++++ DATA
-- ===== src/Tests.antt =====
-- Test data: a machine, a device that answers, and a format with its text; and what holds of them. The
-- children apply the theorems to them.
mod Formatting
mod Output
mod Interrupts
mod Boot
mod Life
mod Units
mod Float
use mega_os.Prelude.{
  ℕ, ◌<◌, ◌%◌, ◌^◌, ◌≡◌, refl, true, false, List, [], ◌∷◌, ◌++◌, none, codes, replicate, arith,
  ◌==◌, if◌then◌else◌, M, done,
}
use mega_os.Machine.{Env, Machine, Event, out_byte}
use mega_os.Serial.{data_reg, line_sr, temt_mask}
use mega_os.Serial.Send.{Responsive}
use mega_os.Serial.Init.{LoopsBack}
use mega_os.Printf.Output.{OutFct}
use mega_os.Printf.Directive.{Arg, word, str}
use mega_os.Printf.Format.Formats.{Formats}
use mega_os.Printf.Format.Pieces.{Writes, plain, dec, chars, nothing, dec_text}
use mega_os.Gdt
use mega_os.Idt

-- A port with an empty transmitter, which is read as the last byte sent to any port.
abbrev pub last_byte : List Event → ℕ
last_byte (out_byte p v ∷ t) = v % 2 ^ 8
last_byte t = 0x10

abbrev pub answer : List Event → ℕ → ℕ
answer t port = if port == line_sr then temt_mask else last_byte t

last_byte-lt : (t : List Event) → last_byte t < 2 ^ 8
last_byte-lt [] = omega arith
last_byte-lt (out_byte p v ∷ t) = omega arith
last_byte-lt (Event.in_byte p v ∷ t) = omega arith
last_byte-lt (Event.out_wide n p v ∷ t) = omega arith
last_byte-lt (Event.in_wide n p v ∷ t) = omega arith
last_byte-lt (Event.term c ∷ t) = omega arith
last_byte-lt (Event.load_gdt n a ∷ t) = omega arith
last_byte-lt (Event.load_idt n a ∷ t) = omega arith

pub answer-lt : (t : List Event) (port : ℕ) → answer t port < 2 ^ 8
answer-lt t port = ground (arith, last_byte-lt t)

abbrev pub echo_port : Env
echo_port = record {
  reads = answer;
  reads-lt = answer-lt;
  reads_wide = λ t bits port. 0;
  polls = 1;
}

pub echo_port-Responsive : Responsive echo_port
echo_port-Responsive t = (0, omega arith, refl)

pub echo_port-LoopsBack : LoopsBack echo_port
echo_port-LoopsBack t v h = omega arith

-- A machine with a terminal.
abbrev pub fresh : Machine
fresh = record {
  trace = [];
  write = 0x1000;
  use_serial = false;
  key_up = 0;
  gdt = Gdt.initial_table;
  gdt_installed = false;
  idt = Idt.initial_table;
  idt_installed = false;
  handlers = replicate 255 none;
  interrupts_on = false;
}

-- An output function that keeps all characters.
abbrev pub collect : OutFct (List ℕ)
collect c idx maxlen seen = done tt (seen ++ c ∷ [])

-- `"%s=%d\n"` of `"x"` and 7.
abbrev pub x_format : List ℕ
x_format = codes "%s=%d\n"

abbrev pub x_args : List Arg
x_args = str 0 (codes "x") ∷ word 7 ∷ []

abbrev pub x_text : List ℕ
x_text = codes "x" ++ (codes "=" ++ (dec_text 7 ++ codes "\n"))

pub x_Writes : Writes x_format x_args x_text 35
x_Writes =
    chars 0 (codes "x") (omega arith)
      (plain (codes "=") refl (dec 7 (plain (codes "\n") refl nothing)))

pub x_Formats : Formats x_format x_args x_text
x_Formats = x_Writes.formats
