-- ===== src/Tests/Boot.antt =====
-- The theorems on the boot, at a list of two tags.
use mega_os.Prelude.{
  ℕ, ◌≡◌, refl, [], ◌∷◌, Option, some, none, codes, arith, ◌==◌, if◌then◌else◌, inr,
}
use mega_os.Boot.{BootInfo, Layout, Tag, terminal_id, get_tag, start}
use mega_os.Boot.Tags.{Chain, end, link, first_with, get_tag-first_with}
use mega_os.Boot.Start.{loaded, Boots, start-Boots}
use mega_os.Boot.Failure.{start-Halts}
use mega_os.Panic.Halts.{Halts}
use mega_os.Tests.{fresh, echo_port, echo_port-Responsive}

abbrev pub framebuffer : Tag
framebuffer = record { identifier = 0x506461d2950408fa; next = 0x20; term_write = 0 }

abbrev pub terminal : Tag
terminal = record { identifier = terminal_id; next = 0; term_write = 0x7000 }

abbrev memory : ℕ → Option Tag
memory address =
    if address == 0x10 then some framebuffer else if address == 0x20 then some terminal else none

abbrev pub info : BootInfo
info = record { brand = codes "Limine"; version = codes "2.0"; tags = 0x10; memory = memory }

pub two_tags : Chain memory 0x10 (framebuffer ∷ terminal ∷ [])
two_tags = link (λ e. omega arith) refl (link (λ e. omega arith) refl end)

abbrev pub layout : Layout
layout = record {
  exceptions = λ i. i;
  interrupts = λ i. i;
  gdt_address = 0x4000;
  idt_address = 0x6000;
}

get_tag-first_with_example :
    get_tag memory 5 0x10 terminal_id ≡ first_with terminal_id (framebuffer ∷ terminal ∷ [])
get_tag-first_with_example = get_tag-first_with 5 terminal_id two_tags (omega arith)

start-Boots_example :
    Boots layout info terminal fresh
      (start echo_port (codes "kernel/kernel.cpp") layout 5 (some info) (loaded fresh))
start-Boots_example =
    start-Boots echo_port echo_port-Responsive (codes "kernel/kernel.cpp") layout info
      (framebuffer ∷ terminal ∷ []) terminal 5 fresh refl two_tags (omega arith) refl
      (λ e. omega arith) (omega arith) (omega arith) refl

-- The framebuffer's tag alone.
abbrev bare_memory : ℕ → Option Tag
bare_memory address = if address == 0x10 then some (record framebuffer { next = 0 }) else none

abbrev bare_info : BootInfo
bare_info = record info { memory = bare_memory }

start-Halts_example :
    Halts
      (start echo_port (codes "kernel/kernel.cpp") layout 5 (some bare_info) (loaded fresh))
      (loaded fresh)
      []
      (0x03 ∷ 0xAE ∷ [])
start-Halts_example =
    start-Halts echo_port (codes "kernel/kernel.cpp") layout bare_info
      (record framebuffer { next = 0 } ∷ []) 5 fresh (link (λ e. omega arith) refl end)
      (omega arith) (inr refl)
++++++++
:: WORK TO BE COMPLETED ::
Repeat the data word for word.

:: PROBLEM SOLUTION ::
-- ===== src/Tests.antt =====
-- Test data: a machine, a device that answers, and a format with its text; and what holds of them. The
-- children apply the theorems to them.
mod Formatting
mod Output
mod Interrupts
mod Boot
mod Life
mod Units
mod Float
use mega_os.Prelude.{
  ℕ, ◌<◌, ◌%◌, ◌^◌, ◌≡◌, refl, true, false, List, [], ◌∷◌, ◌++◌, none, codes, replicate, arith,
  ◌==◌, if◌then◌else◌, M, done,
}
use mega_os.Machine.{Env, Machine, Event, out_byte}
use mega_os.Serial.{data_reg, line_sr, temt_mask}
use mega_os.Serial.Send.{Responsive}
use mega_os.Serial.Init.{LoopsBack}
use mega_os.Printf.Output.{OutFct}
use mega_os.Printf.Directive.{Arg, word, str}
use mega_os.Printf.Format.Formats.{Formats}
use mega_os.Printf.Format.Pieces.{Writes, plain, dec, chars, nothing, dec_text}
use mega_os.Gdt
use mega_os.Idt

-- A port with an empty transmitter, which is read as the last byte sent to any port.
abbrev pub last_byte : List Event → ℕ
last_byte (out_byte p v ∷ t) = v % 2 ^ 8
last_byte t = 0x10

abbrev pub answer : List Event → ℕ → ℕ
answer t port = if port == line_sr then temt_mask else last_byte t

last_byte-lt : (t : List Event) → last_byte t < 2 ^ 8
last_byte-lt [] = omega arith
last_byte-lt (out_byte p v ∷ t) = omega arith
last_byte-lt (Event.in_byte p v ∷ t) = omega arith
last_byte-lt (Event.out_wide n p v ∷ t) = omega arith
last_byte-lt (Event.in_wide n p v ∷ t) = omega arith
last_byte-lt (Event.term c ∷ t) = omega arith
last_byte-lt (Event.load_gdt n a ∷ t) = omega arith
last_byte-lt (Event.load_idt n a ∷ t) = omega arith

pub answer-lt : (t : List Event) (port : ℕ) → answer t port < 2 ^ 8
answer-lt t port = ground (arith, last_byte-lt t)

abbrev pub echo_port : Env
echo_port = record {
  reads = answer;
  reads-lt = answer-lt;
  reads_wide = λ t bits port. 0;
  polls = 1;
}

pub echo_port-Responsive : Responsive echo_port
echo_port-Responsive t = (0, omega arith, refl)

pub echo_port-LoopsBack : LoopsBack echo_port
echo_port-LoopsBack t v h = omega arith

-- A machine with a terminal.
abbrev pub fresh : Machine
fresh = record {
  trace = [];
  write = 0x1000;
  use_serial = false;
  key_up = 0;
  gdt = Gdt.initial_table;
  gdt_installed = false;
  idt = Idt.initial_table;
  idt_installed = false;
  handlers = replicate 255 none;
  interrupts_on = false;
}

-- An output function that keeps all characters.
abbrev pub collect : OutFct (List ℕ)
collect c idx maxlen seen = done tt (seen ++ c ∷ [])

-- `"%s=%d\n"` of `"x"` and 7.
abbrev pub x_format : List ℕ
x_format = codes "%s=%d\n"

abbrev pub x_args : List Arg
x_args = str 0 (codes "x") ∷ word 7 ∷ []

abbrev pub x_text : List ℕ
x_text = codes "x" ++ (codes "=" ++ (dec_text 7 ++ codes "\n"))

pub x_Writes : Writes x_format x_args x_text 35
x_Writes =
    chars 0 (codes "x") (omega arith)
      (plain (codes "=") refl (dec 7 (plain (codes "\n") refl nothing)))

pub x_Formats : Formats x_format x_args x_text
x_Formats = x_Writes.formats
-- ===== src/Tests/Boot.antt =====
-- The theorems on the boot, at a list of two tags.
use mega_os.Prelude.{
  ℕ, ◌≡◌, refl, [], ◌∷◌, Option, some, none, codes, arith, ◌==◌, if◌then◌else◌, inr,
}
use mega_os.Boot.{BootInfo, Layout, Tag, terminal_id, get_tag, start}
use mega_os.Boot.Tags.{Chain, end, link, first_with, get_tag-first_with}
use mega_os.Boot.Start.{loaded, Boots, start-Boots}
use mega_os.Boot.Failure.{start-Halts}
use mega_os.Panic.Halts.{Halts}
use mega_os.Tests.{fresh, echo_port, echo_port-Responsive}

abbrev pub framebuffer : Tag
framebuffer = record { identifier = 0x506461d2950408fa; next = 0x20; term_write = 0 }

abbrev pub terminal : Tag
terminal = record { identifier = terminal_id; next = 0; term_write = 0x7000 }

abbrev memory : ℕ → Option Tag
memory address =
    if address == 0x10 then some framebuffer else if address == 0x20 then some terminal else none

abbrev pub info : BootInfo
info = record { brand = codes "Limine"; version = codes "2.0"; tags = 0x10; memory = memory }

pub two_tags : Chain memory 0x10 (framebuffer ∷ terminal ∷ [])
two_tags = link (λ e. omega arith) refl (link (λ e. omega arith) refl end)

abbrev pub layout : Layout
layout = record {
  exceptions = λ i. i;
  interrupts = λ i. i;
  gdt_address = 0x4000;
  idt_address = 0x6000;
}

get_tag-first_with_example :
    get_tag memory 5 0x10 terminal_id ≡ first_with terminal_id (framebuffer ∷ terminal ∷ [])
get_tag-first_with_example = get_tag-first_with 5 terminal_id two_tags (omega arith)

start-Boots_example :
    Boots layout info terminal fresh
      (start echo_port (codes "kernel/kernel.cpp") layout 5 (some info) (loaded fresh))
start-Boots_example =
    start-Boots echo_port echo_port-Responsive (codes "kernel/kernel.cpp") layout info
      (framebuffer ∷ terminal ∷ []) terminal 5 fresh refl two_tags (omega arith) refl
      (λ e. omega arith) (omega arith) (omega arith) refl

-- The framebuffer's tag alone.
abbrev bare_memory : ℕ → Option Tag
bare_memory address = if address == 0x10 then some (record framebuffer { next = 0 }) else none

abbrev bare_info : BootInfo
bare_info = record info { memory = bare_memory }

start-Halts_example :
    Halts
      (start echo_port (codes "kernel/kernel.cpp") layout 5 (some bare_info) (loaded fresh))
      (loaded fresh)
      []
      (0x03 ∷ 0xAE ∷ [])
start-Halts_example =
    start-Halts echo_port (codes "kernel/kernel.cpp") layout bare_info
      (record framebuffer { next = 0 } ∷ []) 5 fresh (link (λ e. omega arith) refl end)
      (omega arith) (inr refl)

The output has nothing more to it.